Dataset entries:
┏━━
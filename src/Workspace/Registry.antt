-- ===== src/Workspace/Registry.antt =====
-- The registered workspaces (local-agent/internal/workspace/workspace.go), and the state that they share
-- with the disk.
use on_code.Prelude.{
  Bool, false, Option, none, some, List, [], ◌∷◌, Bytes, Result, ok, err, ◌>>=◌, ◌>>◌, ensure,
  if◌then◌else◌, bytes_eq,
}
use on_code.Prelude.Paths.{FilePath, clean, join, render, starts_with_slash}
use on_code.Protocol.Errors.{
  Code, invalid_argument, invalid_path, workspace_not_found, internal_error,
}
use on_code.Protocol.Ids
use on_code.Protocol.Ids.{IdError}
use on_code.Protocol.Ids.Kinds
use on_code.Protocol.Ids.Uuids.{Uuid}
use on_code.Workspace.Disk.{Disk, Stat, found, missing, unknown}
use on_code.Workspace.Files.{is_directory}
use on_code.Workspace.Resolve.{Workspace}

abbrev pub Workspaces : Type 0
Workspaces = List (Bytes × Workspace)

unfoldable pub find : Bytes → Workspaces → Option Workspace
find id [] = none
find id ((j, ws) ∷ r) = if bytes_eq j id then some ws else find id r

unfoldable pub assign : Bytes → Workspace → Workspaces → Workspaces
assign id ws [] = (id, ws) ∷ []
assign id ws ((j, old) ∷ r) = if bytes_eq j id then (id, ws) ∷ r else (j, old) ∷ assign id ws r

abbrev pub valid_id : Result IdError (Unit {0}) → Result Code (Unit {0})
valid_id (ok u) = ok tt
valid_id (err e) = err invalid_argument

abbrev pub registered : Option Workspace → Result Code Workspace
registered none = err workspace_not_found
registered (some ws) = ok ws

-- `Get`
unfoldable pub get_workspace : Bytes → Workspaces → Result Code Workspace
get_workspace id r = do valid_id (Ids.validate Kinds.workspace id); registered (find id r)

-- `Sole`
unfoldable pub sole : Workspaces → Result Code Workspace
sole ((id, ws) ∷ []) = ok ws
sole _ = err workspace_not_found

abbrev is_directory_at : Stat → Bool
is_directory_at (found i) = is_directory i.kind
is_directory_at missing = false
is_directory_at unknown = false

abbrev canonical : Option Bytes → Result Code FilePath
canonical none = err invalid_path
canonical (some text) = ok (clean text)

abbrev new_id : Result IdError Bytes → Result Code Bytes
new_id (ok id) = ok id
new_id (err e) = err internal_error

module _ (D : Disk) where
  -- `filepath.Abs`, with the directory that the process runs in
  abbrev pub absolute : FilePath → Bytes → FilePath
  absolute directory text =
      if starts_with_slash text then clean text else join directory (clean text).elements

  -- the workspace that `Register` makes
  unfoldable pub new_workspace : FilePath → D.State → Uuid → Bytes → Bytes → Result Code Workspace
  new_workspace directory s uuid project text = do
    let path = render (absolute directory text)
    ensure (is_directory_at (D.stat s path)) invalid_path
    root ← canonical (D.eval_symlinks s path)
    id ← new_id (Ids.new Kinds.workspace uuid)
    ok (record { workspace_id = id; project_id = project; root = root; revision = 0 })

  -- `Register`, with the workspaces behind it
  unfoldable pub register :
      FilePath → D.State → Uuid → Bytes → Bytes → Workspaces → Result Code (Workspace × Workspaces)
  unfolding new_workspace
  register directory s uuid project text r = do
    ws ← new_workspace directory s uuid project text
    ok (ws, assign ws.workspace_id ws r)

  -- What the functions of the package share: the workspaces and the disk.
  pub record World : Type 0 where
    pub workspaces : Workspaces
    pub disk : D.State

  abbrev pub changed :
      {R : Type 0} → Bytes → World → Result Code R × (Workspace × D.State) → Result Code R × World
  changed id w (result, (ws, s)) =
      (result, record { workspaces = assign id ws w.workspaces; disk = s })

  abbrev pub mutate_found :
      {R : Type 0}
      → Bytes
      → (Workspace → D.State → Result Code R × (Workspace × D.State))
      → World
      → Result Code Workspace
      → Result Code R × World
  mutate_found id f w (err e) = (err e, w)
  mutate_found id f w (ok ws) = changed id w (f ws w.disk)

  -- `Mutate`: the function works on the live record
  unfoldable pub mutate :
      {R : Type 0}
      → Bytes
      → (Workspace → D.State → Result Code R × (Workspace × D.State))
      → World
      → Result Code R × World
  mutate id f w = mutate_found id f w (get_workspace id w.workspaces)
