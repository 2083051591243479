-- ===== src/Workspace/Apply/Local.antt =====
-- `ApplyChanges` of local-agent/internal/workspace/apply.go on the registered workspaces and the disk: what
-- runs under Mutate is the test of the proposal against the files and the change of the files.
pub mod Effects
use on_code.Prelude.{
  ℕ, ◌+◌, Bool, true, false, not, List, [], ◌∷◌, map, Bytes, Result, ok, err, ◌>>=◌, ◌>>◌, ensure,
  if◌then◌else◌, bytes_eq,
}
use on_code.Protocol.Errors.{Code, file_hash_mismatch, workspace_file_changed, diff_mismatch}
use on_code.Workspace.Apply.{ApplyRequest, Applied, apply_changes}
use on_code.Workspace.Apply.Files.{plan_of, change_planned}
use on_code.Workspace.Disk.{Disk}
use on_code.Workspace.Files.{hash_bytes}
use on_code.Workspace.Propose.{propose}
use on_code.Workspace.Registry.{World, mutate}
use on_code.Workspace.Resolve.{Workspace}
use on_code.Workspace.Sorting.{sort_by}
use on_code.Workspace.Store.{PlannedFile, delete_file, write_file, Proposal, ProposalStore}

-- ApplyFileResult
pub data FileResult : Type 0 where
  file_written : Bytes → Bytes → FileResult
  file_deleted : Bytes → FileResult

pub record ApplyResult : Type 0 where
  pub change_set_id : Bytes
  pub workspace_id : Bytes
  pub workspace_revision : ℕ
  pub files : List FileResult

-- a change of the files since the proposal has a code of its own
abbrev pub changed_since : Result Code Proposal → Result Code Proposal
changed_since (err file_hash_mismatch) = err workspace_file_changed
changed_since r = r

abbrev pub planned_paths : List (Bytes × PlannedFile) → List Bytes
planned_paths planned = sort_by (λ p. p) (map (λ p. p.0) planned)

module _ (D : Disk) (sha256 : Bytes → Bytes) (max_bytes fail_after : ℕ) where
  abbrev pub file_result : PlannedFile → Bytes → FileResult
  file_result delete_file p = file_deleted p
  file_result (write_file text) p = file_written p (hash_bytes sha256 text)

  abbrev pub file_results : List (Bytes × PlannedFile) → List Bytes → List FileResult
  file_results planned [] = []
  file_results planned (p ∷ paths) = file_result (plan_of p planned) p ∷ file_results planned paths

  -- the proposal again, on the files as they are now
  unfoldable pub revalidate : Proposal → Workspace → D.State → Result Code (Unit {0})
  revalidate prop ws s = do
    fresh ← changed_since (propose D sha256 ws s prop.change_set max_bytes)
    ensure (bytes_eq fresh.actual_diff.diff_hash prop.actual_diff.diff_hash) diff_mismatch

  abbrev pub counted :
      Bytes
      → Proposal
      → List Bytes
      → Workspace
      → Result Code (Unit {0}) × D.State
      → Result Code ApplyResult × (Workspace × D.State)
  counted id prop paths ws (err e, s) = (err e, (ws, s))
  counted id prop paths ws (ok u, s) =
      let next : Workspace = record ws { revision = ws.revision + 1 } in
      (
        ok (record {
          change_set_id = id;
          workspace_id = ws.workspace_id;
          workspace_revision = next.revision;
          files = file_results prop.planned paths;
        }),
        (next, s),
      )

  abbrev pub change_valid :
      Bytes
      → Proposal
      → Workspace
      → D.State
      → Result Code (Unit {0})
      → Result Code ApplyResult × (Workspace × D.State)
  change_valid id prop ws s (err e) = (err e, (ws, s))
  change_valid id prop ws s (ok u) =
      let paths = planned_paths prop.planned in
      counted id prop paths ws (change_planned D ws prop.planned fail_after paths s)

  -- the function that runs under Mutate
  unfoldable pub change_workspace :
      Bytes → Proposal → Workspace → D.State → Result Code ApplyResult × (Workspace × D.State)
  unfolding revalidate
  change_workspace id prop ws s = change_valid id prop ws s (revalidate prop ws s)

  -- `ApplyChanges`, with its validator of approvals
  unfoldable pub apply_changes_on :
      (Bytes → Bytes → Bytes → Result Code (Unit {0}))
      → ApplyRequest
      → ProposalStore
      → World D
      → Applied ApplyResult (World D)
  unfolding change_workspace
  apply_changes_on approve req =
      apply_changes approve
        (λ prop. mutate D req.workspace_id (change_workspace req.change_set_id prop)) req
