-- ===== src/Session/Local.antt =====
-- The hub on the registered workspaces and the disk (local-agent/internal/idesession/apply.go): this fills
-- the record Wiring.
pub mod Quiet
pub mod Tests
use on_code.Prelude.{
  ℕ, suc, Bool, true, false, not, ◌||◌, ◌&&◌, Option, none, some, List, [], ◌∷◌, Bytes, codes,
  Result, ok, err, ◌>>=◌, ◌>>◌, ensure, if◌then◌else◌, is_empty, bytes_eq,
}
use on_code.Protocol.Errors.{Code, code_text, approval_required, approval_invalid}
use on_code.Protocol.Ids
use on_code.Protocol.Ids.{IdError}
use on_code.Protocol.Ids.Kinds
use on_code.Protocol.Ids.Uuids.{Uuid}
use on_code.Protocol.Json.{Fields}
use on_code.Protocol.Messages.{
  ChangeSet, FileChange, Operation, create, modify, delete, rename, other_operation, needs_base,
}
use on_code.Diff.Unified.{trim_slash}
use on_code.Session.Hub
use on_code.Session.Hub.{Prepared, Wiring}
use on_code.Session.Proposed.{Change, operation_of, parse_proposed}
use on_code.Workspace.Apply
use on_code.Workspace.Apply.{Applied}
use on_code.Workspace.Apply.Local
use on_code.Workspace.Apply.Local.{apply_changes_on}
use on_code.Workspace.Disk.{Disk}
use on_code.Workspace.Files.{ReadFileResult, read_text_file}
use on_code.Workspace.Propose.{propose}
use on_code.Workspace.Registry.{World, get_workspace}
use on_code.Workspace.Resolve.{Workspace}
use on_code.Workspace.Store.{Proposal, ProposalStore, put}

-- `boundApproval.Validate`, of the approval that is bound to a request
unfoldable pub bound_approval : Hub.ApplyRequest → Bytes → Bytes → Bytes → Result Code (Unit {0})
bound_approval bound approval set hash = do
  ensure (not (is_empty approval || is_empty set || is_empty hash)) approval_required
  ensure
      (bytes_eq approval bound.approval
        && bytes_eq set bound.change_set
        && bytes_eq hash bound.approved_hash)
      approval_invalid

-- the operation of a change, where none is a modification
unfoldable pub operation_or_modify : Bytes → Operation
operation_or_modify [] = modify
operation_or_modify (c ∷ s) = operation_of (c ∷ s)

-- The text of an error is its code.
abbrev pub text_of_code : Code → Bytes
text_of_code e = codes (code_text e)

module _ (D : Disk) (sha256 : Bytes → Bytes) (max_bytes : ℕ) where
  -- a round of the loop of `changeSetFromProposed`: the hash of a file that is there
  unfoldable pub file_change : Workspace → D.State → Change → Result Code FileChange
  file_change ws s c =
      let op = operation_or_modify c.operation in
      let change : FileChange = record {
        path = trim_slash c.path;
        operation = op;
        base_hash = [];
        content = c.content;
        target_path = trim_slash c.target_path;
      } in
      elim (needs_base op) [
        | false ↦ ok change
        | true ↦ do
          r ← read_text_file D sha256 ws s (trim_slash c.path) max_bytes
          ok (record change { base_hash = r.hash })
      ]

  unfoldable pub file_changes : Workspace → D.State → List Change → Result Code (List FileChange)
  unfolding file_change
  file_changes ws s [] = ok []
  file_changes ws s (c ∷ cs) = do
    first ← file_change ws s c
    rest ← file_changes ws s cs
    ok (first ∷ rest)

  -- `changeSetFromProposed`
  unfoldable pub change_set_from_proposed :
      Workspace → D.State → Bytes → List Change → Result Code ChangeSet
  unfolding file_changes
  change_set_from_proposed ws s id changes = do
    cs ← file_changes ws s changes
    ok (record {
      change_set_id = id;
      in_workspace = ws.workspace_id;
      base_revision = [];
      changes = cs;
    })

  -- What the hub works on: the proposals, the workspaces and the disk, and how many identifiers were drawn.
  pub record Desk : Type 0 where
    pub store : ProposalStore
    pub world : World D
    pub draws : ℕ

  abbrev pub prepared_of : Proposal → Prepared
  prepared_of p = record {
    change_set_id = p.change_set.change_set_id;
    workspace_id = p.change_set.in_workspace;
    diff = p.actual_diff.diff;
    diff_hash = p.actual_diff.diff_hash;
  }

  -- the proposal that `prepareStoredProposal` makes
  unfoldable pub stored_proposal : Workspace → Bytes → List Change → D.State → Result Code Proposal
  unfolding change_set_from_proposed
  stored_proposal ws id changes s = do
    cs ← change_set_from_proposed ws s id changes
    propose D sha256 ws s cs max_bytes

  abbrev pub stores : Desk → Result Code Proposal → Result Bytes Prepared × Desk
  stores l (err e) = (err (text_of_code e), l)
  stores l (ok p) = (ok (prepared_of p), record l { store = put p l.store })

  module _ (decode : Bytes → Option (Bytes × List Change)) (uuids : ℕ → Uuid)
      (default_workspace : Bytes) where
    abbrev pub or_given : Bytes → Result IdError Bytes → Bytes
    or_given id (ok made) = made
    or_given id (err e) = id

    -- the identifier of a change set: what is no identifier is replaced by a new one
    abbrev pub set_id : Bytes → Result IdError (Unit {0}) → Desk → Bytes × Desk
    set_id id (ok u) l = (id, l)
    set_id id (err e) l =
        (or_given id (Ids.new Kinds.change_set (uuids l.draws)), record l { draws = suc l.draws })

    -- `prepareStoredProposal`
    unfoldable pub prepare_stored : Bytes → List Change → Desk → Result Bytes Prepared × Desk
    unfolding stored_proposal
    prepare_stored id changes l = elim (get_workspace default_workspace l.world.workspaces) [
      | err e ↦ (err (text_of_code e), l)
      | ok ws ↦
          let (set, drawn) = set_id id (Ids.validate Kinds.change_set id) l in
          stores drawn (stored_proposal ws set changes drawn.world.disk)
    ]

    abbrev pub store_parsed : Option (Bytes × List Change) → Desk → Result Bytes Prepared × Desk
    store_parsed none l = (err (codes "proposed changes json"), l)
    store_parsed (some (id, changes)) l =
        prepare_stored (if is_empty id then codes "CS-unknown" else id) changes l

    -- the preparation of a code proposal: the changes are decoded, and their proposal is stored
    unfoldable pub prepare : Bytes → Bytes → Desk → Result Bytes Prepared × Desk
    unfolding prepare_stored parse_proposed
    prepare json workspace l = store_parsed (parse_proposed decode json) l

    abbrev pub request_of : Hub.ApplyRequest → Apply.ApplyRequest
    request_of r = record {
      change_set_id = r.change_set;
      workspace_id = r.workspace;
      approval_id = r.approval;
      approved_diff_hash = r.approved_hash;
    }

    abbrev pub answer_of : Result Code Local.ApplyResult → Result (Bytes × Bytes) Hub.ApplyResult
    answer_of (err e) = err (text_of_code e, text_of_code e)
    answer_of (ok r) = ok (record {
      applied_set = r.change_set_id;
      applied_workspace = r.workspace_id;
      revision = r.workspace_revision;
    })

    unfoldable pub apply_bound :
        Hub.ApplyRequest → Desk → Result (Bytes × Bytes) Hub.ApplyResult × Desk
    unfolding bound_approval
    apply_bound r l =
        let (result, (store, world)) =
          apply_changes_on D sha256 max_bytes 0 (bound_approval r) (request_of r) l.store l.world in
        (answer_of result, record l { store = store; world = world })

    -- the hub that has workspaces, proposals, a stream that takes what `accepts` says, and an IDE
    abbrev pub local_wiring : (Bytes → Fields → Bool) → Wiring Desk
    local_wiring accepts = record {
      pushes = true;
      connected = true;
      accepts = accepts;
      default_workspace = default_workspace;
      registered = true;
      prepare = prepare;
      apply = apply_bound;
    }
┗━━
Write out the lines of the entries, word for word, from the first through the one containing "registered none = err workspace_not_found", and stop at that line.

• [Result below]
filename src/Workspace/Registry.antt
-- ===== src/Workspace/Registry.antt =====
-- The registered workspaces (local-agent/internal/workspace/workspace.go), and the state that they share
-- with the disk.
use on_code.Prelude.{
  Bool, false, Option, none, some, List, [], ◌∷◌, Bytes, Result, ok, err, ◌>>=◌, ◌>>◌, ensure,
  if◌then◌else◌, bytes_eq,
}
use on_code.Prelude.Paths.{FilePath, clean, join, render, starts_with_slash}
use on_code.Protocol.Errors.{
  Code, invalid_argument, invalid_path, workspace_not_found, internal_error,
}
use on_code.Protocol.Ids
use on_code.Protocol.Ids.{IdError}
use on_code.Protocol.Ids.Kinds
use on_code.Protocol.Ids.Uuids.{Uuid}
use on_code.Workspace.Disk.{Disk, Stat, found, missing, unknown}
use on_code.Workspace.Files.{is_directory}
use on_code.Workspace.Resolve.{Workspace}

abbrev pub Workspaces : Type 0
Workspaces = List (Bytes × Workspace)

unfoldable pub find : Bytes → Workspaces → Option Workspace
find id [] = none
find id ((j, ws) ∷ r) = if bytes_eq j id then some ws else find id r

unfoldable pub assign : Bytes → Workspace → Workspaces → Workspaces
assign id ws [] = (id, ws) ∷ []
assign id ws ((j, old) ∷ r) = if bytes_eq j id then (id, ws) ∷ r else (j, old) ∷ assign id ws r

abbrev pub valid_id : Result IdError (Unit {0}) → Result Code (Unit {0})
valid_id (ok u) = ok tt
valid_id (err e) = err invalid_argument

abbrev pub registered : Option Workspace → Result Code Workspace
registered none = err workspace_not_found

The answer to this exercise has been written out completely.